---------- Data section ----------

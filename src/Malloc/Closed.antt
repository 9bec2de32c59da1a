-- ===== src/Malloc/Closed.antt =====
-- What the writes to the links of free blocks keep, remove_from_free_list and add_to_free_list keep.
use cmpsc_473_operating_syst.Common.{
  snoc_cases, ℕ, ◌≡◌, refl, ap, sym, ◌∙◌, ◌⊎◌, inl, inr, arith, List, [], ◌∷◌, ◌++◌, ◌==◌,
  Bool-cases,
}
use mathlib.Core.Path.{subst}
use mathlib.Core.List.{append_assoc}
use cmpsc_473_operating_syst.Malloc.{
  Mm, put, next_node, prev_node, remove_from_free_list, add_to_free_list,
}
use cmpsc_473_operating_syst.Malloc.FreeList.{
  Linked, Placed, head_or_null, neighbours, linked_in, add_to_free_list-null, add_to_free_list-head,
}
use cmpsc_473_operating_syst.Malloc.Unlink.{
  Linked-head, Linked-mid, remove-neighbours, remove-headed, headed,
}
use cmpsc_473_operating_syst.Malloc.Vacancies.{In, In-right}

head_or_null-In : (ys : List ℕ) → (head_or_null ys ≡ 0) ⊎ In (head_or_null ys) ys
head_or_null-In [] = inl refl
head_or_null-In (y ∷ ys) = inr (inl refl)

module _ (xs : List ℕ) (P : Mm → Type 0)
    (next : (s : Mm) (x v : ℕ) → In x xs → P s → P (put s (next_node x) v))
    (prev : (s : Mm) (x v : ℕ) → In x xs → P s → P (put s (prev_node x) v))
    (head : (s : Mm) (x : ℕ) → P s → P (record s { free_block_pointer = x })) where
  neighbours-kept : (s : Mm) (q n : ℕ) → In q xs → (n ≡ 0) ⊎ In n xs → P s → P (neighbours q n s)
  neighbours-kept s q n i j p = elim (Bool-cases (n == 0)) [
    | inl last ↦ rw last (next s q n i p)
    | inr more ↦ rw more (
        prev (put s (next_node q) n) n q (elim j [ inl e ↦ absurd (ground arith) | inr k ↦ k ])
          (next s q n i p))
  ]

  headed-kept : (s : Mm) (n : ℕ) → (n ≡ 0) ⊎ In n xs → P s → P (headed n s)
  headed-kept s n j p = elim (Bool-cases (n == 0)) [
    | inl last ↦ rw last (head s n p)
    | inr more ↦ rw more (
        prev (record s { free_block_pointer = n }) n 0
          (elim j [ inl e ↦ absurd (ground arith) | inr k ↦ k ]) (head s n p))
  ]

  remove_after :
      (s : Mm) (b : ℕ) (zs ws : List ℕ) (q : ℕ)
      → Linked s 0 s.free_block_pointer (ws ++ q ∷ b ∷ zs)
      → Placed (ws ++ q ∷ b ∷ zs)
      → ((x : ℕ) → In x (ws ++ q ∷ b ∷ zs) → In x xs)
      → P s
      → P (remove_from_free_list b s)
  remove_after s b zs ws q h placed all p =
      let (back, after, there, small, apart, apart_n) =
        Linked-mid s 0 s.free_block_pointer ws q b zs h placed in
      subst P (sym (remove-neighbours s q b (head_or_null zs) back after there apart)) (
        neighbours-kept s q (head_or_null zs) (all q (In-right q ws (q ∷ b ∷ zs) (inl refl)))
          (elim (head_or_null-In zs) [
            | inl e ↦ inl e
            | inr i ↦ inr (all (head_or_null zs) (In-right _ ws (q ∷ b ∷ zs) (inr (inr i))))
          ])
          p)

  pub remove-kept :
      (s : Mm) (b : ℕ) (ys zs : List ℕ)
      → Linked s 0 s.free_block_pointer (ys ++ b ∷ zs)
      → Placed (ys ++ b ∷ zs)
      → ((x : ℕ) → In x (ys ++ b ∷ zs) → In x xs)
      → P s
      → P (remove_from_free_list b s)
  remove-kept s b ys zs h placed all p = elim (snoc_cases ys) [
    | inl e ↦
        let whole = ap (λ t. t ++ b ∷ zs) e in
        let (at, there, back, rest) = subst (Linked s 0 s.free_block_pointer) whole h in
        subst P (sym (remove-headed s b (head_or_null zs) back (Linked-head s b _ zs rest))) (
          headed-kept s (head_or_null zs)
            (elim (head_or_null-In zs) [
              | inl e' ↦ inl e'
              | inr i ↦ inr (all (head_or_null zs) (In-right _ ys (b ∷ zs) (inr i)))
            ])
            p)
    | inr (ws, q, e) ↦
        let whole = ap (λ t. t ++ b ∷ zs) e ∙ append_assoc ws (q ∷ []) (b ∷ zs) in
        remove_after s b zs ws q (subst (Linked s 0 s.free_block_pointer) whole h)
          (subst Placed whole placed) (λ x i. all x (subst (In x) (sym whole) i)) p
  ]

  -- A block that may be written becomes the first.
  pub add-kept :
      (s : Mm) (b : ℕ)
      → In b xs
      → (s.free_block_pointer ≡ 0) ⊎ In s.free_block_pointer xs
      → P s
      → P (add_to_free_list b s)
  add-kept s b i j p =
      let linked = next (put s (prev_node b) 0) b s.free_block_pointer i (prev s b 0 i p) in
      elim (Bool-cases (s.free_block_pointer == 0)) [
        | inl null ↦ subst P (sym (add_to_free_list-null b s null)) (head (linked_in b s) b linked)
        | inr more ↦ subst P (sym (add_to_free_list-head b s more)) (
            head (put (linked_in b s) (prev_node s.free_block_pointer) b) b (
              prev (linked_in b s) s.free_block_pointer b
                (elim j [ inl e ↦ absurd (ground arith) | inr k ↦ k ]) linked))
      ]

----------

The word "mathlib" appears in some of the lines above. Copy those lines.

use mathlib.Core.Path.{subst}
use mathlib.Core.List.{append_assoc}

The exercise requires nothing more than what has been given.